DESCRIPTION AND OPERATION
Second Embodiment—FIGS. 11 and 12
FIG. 11 shows a perspective view of a second embodiment, here a connector for connecting two strips together. Specifically a connector 1100 is arranged to join and transferring power between two strips of LEDs 100A and 100B. Connector 1100 is constructed similarly to connector half 500. Connector 1100 comprises a lid 1105 and a body 1115 that are joined by a living hinge 1120 or a piano hinge or other similar arrangement. Lid 1105 includes a plurality of openings 1110A, 1110B, 1110C, and 1110D.
Openings 1110A and 1110B removably mate with projections 1112A and 1112B when lid 1105 is closed, as indicated by arrow I.
Body 1115 further includes an open channel 1125. Channel 1125 further includes a plurality of gripping members 1130 on its lower surface. Members 1130 include a plurality of teeth 1135 and are made of metal or plastic. Strips 100A and 100B are installed in body 1115 by slidably urging them into channel 1125 as shown by arrows G and H, respectively. Teeth 1135 engage the lower side of strips 100A and 100B as the strips are urged into channel 1125. When they are fully inserted, strips 100A and 100B meet near the middle of body 1115 and LEDs 115A and 115B are located adjacent openings 1110D and 1110C, respectively.
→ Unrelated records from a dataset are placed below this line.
-- ===== src/Orders/ServiceBus/Publisher.antt =====
-- apps/orders/servicebus.py: `ServiceBusEventPublisher`, from `__aenter__` to `__aexit__`. Azure's
-- SDK answers each call as it likes, given the calls so far.
pub mod Closes
use swarmscope.Base.{
  ℕ, ◌*◌, ◌≡◌, Bool, true, false, Option, none, some, List, [], ◌∷◌, Text, Result, ok, err, is_none,
}
use swarmscope.Orders.Messaging.{OutboundEvent}
use swarmscope.Orders.ServiceBus.{Printer, ServiceBusMessage, to_service_bus_message}

abbrev pub sdk_retry_total : ℕ
sdk_retry_total = 1

abbrev pub sdk_retry_backoff_max : ℕ
sdk_retry_backoff_max = 2 * 1000000

-- the calls of the SDK, where objects are numbered
pub data SdkCall : Type 0 where
  default_azure_credential : SdkCall
  service_bus_client : Text → ℕ → ℕ → ℕ → SdkCall
  get_topic_sender : ℕ → Text → SdkCall
  send_messages : ℕ → ServiceBusMessage → SdkCall
  close_sender close_client close_credential : ℕ → SdkCall

pub data PublisherError : Type 0 where
  not_open sdk_error : PublisherError

pub record ServiceBusEventPublisher : Type 0 where
  pub fully_qualified_namespace : Text
  pub topic_name : Text
  pub credential : Option ℕ
  pub owns_credential : Bool
  pub client : Option ℕ
  pub sender : Option ℕ

-- `__init__`
abbrev pub new_publisher : Text → Text → Option ℕ → ServiceBusEventPublisher
new_publisher namespace topic credential = record {
  fully_qualified_namespace = namespace;
  topic_name = topic;
  credential = credential;
  owns_credential = is_none credential;
  client = none;
  sender = none;
}

-- the object, and the calls that the SDK has seen, the last one first
pub record Session : Type 0 where
  pub publisher : ServiceBusEventPublisher
  pub calls : List SdkCall

-- what a method returns or raises, with what it leaves
abbrev pub Method : Type 0 → Type 0
Method A = Result PublisherError A × Session

-- what follows a method that returned
abbrev pub and_then : {A B : Type 0} → (A → Session → Method B) → Method A → Method B
and_then f (ok a, s) = f a s
and_then f (err e, s) = (err e, s)

abbrev pub set_credential : ℕ → Session → Session
set_credential c s = record s { publisher = record s.publisher { credential = some c } }

abbrev pub set_client : ℕ → Session → Session
set_client c s = record s { publisher = record s.publisher { client = some c } }

abbrev pub set_sender : ℕ → Session → Session
set_sender c s = record s { publisher = record s.publisher { sender = some c } }

abbrev pub answered : Session → Option ℕ → Method ℕ
answered s none = (err sdk_error, s)
answered s (some n) = (ok n, s)

-- The SDK: none where a call raises, and a new object's number where it makes one.
module _ (sdk : List SdkCall → SdkCall → Option ℕ) where
  abbrev pub calling : SdkCall → Session → Method ℕ
  calling c s = answered (record s { calls = c ∷ s.calls }) (sdk s.calls c)

  -- `self._credential or DefaultAzureCredential()`
  abbrev pub get_credential : Option ℕ → Session → Method ℕ
  get_credential (some c) s = (ok c, s)
  get_credential none s = calling default_azure_credential s

  abbrev pub open_sender : ℕ → Session → Method (Unit {0})
  open_sender client s =
      and_then (λ sender s'. (ok tt, set_sender sender s'))
        (calling (get_topic_sender client s.publisher.topic_name) s)

  abbrev pub open_client : ℕ → Session → Method (Unit {0})
  open_client credential s =
      and_then (λ client s'. open_sender client (set_client client s'))
        (calling
          (service_bus_client s.publisher.fully_qualified_namespace credential sdk_retry_total
            sdk_retry_backoff_max)
          s)

  -- `__aenter__`
  unfoldable pub enter : Session → Method (Unit {0})
  enter s =
      and_then (λ credential s'. open_client credential (set_credential credential s'))
        (get_credential s.publisher.credential s)

  abbrev pub exit_sender : Option ℕ → Session → Method (Unit {0})
  exit_sender none s = (ok tt, s)
  exit_sender (some sender) s =
      and_then (λ _ s'. (ok tt, record s' { publisher = record s'.publisher { sender = none } }))
        (calling (close_sender sender) s)

  abbrev pub exit_client : Option ℕ → Session → Method (Unit {0})
  exit_client none s = (ok tt, s)
  exit_client (some client) s =
      and_then (λ _ s'. (ok tt, record s' { publisher = record s'.publisher { client = none } }))
        (calling (close_client client) s)

  abbrev pub exit_credential : Bool → Option ℕ → Session → Method (Unit {0})
  exit_credential true (some credential) s =
      and_then
        (λ _ s'. (ok tt, record s' { publisher = record s'.publisher { credential = none } }))
        (calling (close_credential credential) s)
  exit_credential _ _ s = (ok tt, s)

  -- `__aexit__`
  unfoldable pub exit : Session → Method (Unit {0})
  exit s =
      and_then (λ _ s''. exit_credential s''.publisher.owns_credential s''.publisher.credential s'')
        (and_then (λ _ s'. exit_client s'.publisher.client s') (exit_sender s.publisher.sender s))

  abbrev pub send_with : Printer → OutboundEvent → Option ℕ → Session → Method (Unit {0})
  send_with printer event none s = (err not_open, s)
  send_with printer event (some sender) s =
      and_then (λ _ s'. (ok tt, s'))
        (calling (send_messages sender (to_service_bus_message printer event)) s)

  -- `publish`
  unfoldable pub publish : Printer → OutboundEvent → Session → Method (Unit {0})
  publish printer event s = send_with printer event s.publisher.sender s

  -- a block that publishes these events, whether or not each call returns
  unfoldable pub publish_each : Printer → List OutboundEvent → Session → Session
  unfolding publish
  publish_each printer [] s = s
  publish_each printer (e ∷ es) s = publish_each printer es (publish printer e s).1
Lid 1105 further includes a pair of electrodes 1140 with a plurality of teeth 1145. Electrodes 1140 are positioned so that when strips 100A and 100B have been installed and lid 1105 is closed, teeth 1145 will securely engage and connect solder bumps 510 and busses 110 on strips 100A and 100B.
FIG. 12 is a plan view showing strips 100A and 100B properly installed in connector 1100. Openings 1110A and 1110B have springably and removably engaged projections 1112A and 1112B (FIG. 11), respectively so that connector 1100 is securely closed. Conductive members 1130 and teeth 1135 have been firmly urged against and connected busses 110, and LEDs 115A and 115B are secured within openings 1110C and 1110D, respectively.
Connector 1100 is molded and made of the same material as connector halves 300 and 500, although other materials can be used. Members 1130 and electrodes 1140 are made of a sturdy, electrically conductive metal such as steel, copper, brass, or another material, although members 1130 can be made of another, electrically non-conductive material. They are installed in connector 1100 either at the time of molding, or they can be installed at a later time.
Conclusions, Ramifications, and Scope
The present method and apparatus securely electrically and mechanically connects a LED strip to a power source connector and also permits the secure electrical and mechanical joining of two LED strips without the need for soldering. In various aspects it has one or more of the following advantages: the ability to make and release connections faster, the provision of a low-profile, flat connector for a PCB, and the provision of a compact connector.
While the above description contains many specificities, these should not be construed as limitations on the scope, but as exemplifications of some present embodiments. Many other ramifications and variations are possible using the system and methods described. For example, round LEDs can be used instead of square, with round openings in the lids of the LED holders. Mounting holes can be included in the bases of the LED holders so that fasteners can be used to secure the connectors to a surface. Adhesive can be applied to the underneath surface of the LED holders so that they can be secured to a surface. Different widths and sizes of LEDs and different wire gauges and conductor widths and thicknesses can be used. The holders can be supplied in any color. Instead of a hinge joining the cover and the base, a snap-on cover or two-piece can be provided.
Thus the scope should be determined by the appended claims and their legal equivalents, rather than the examples and particulars given.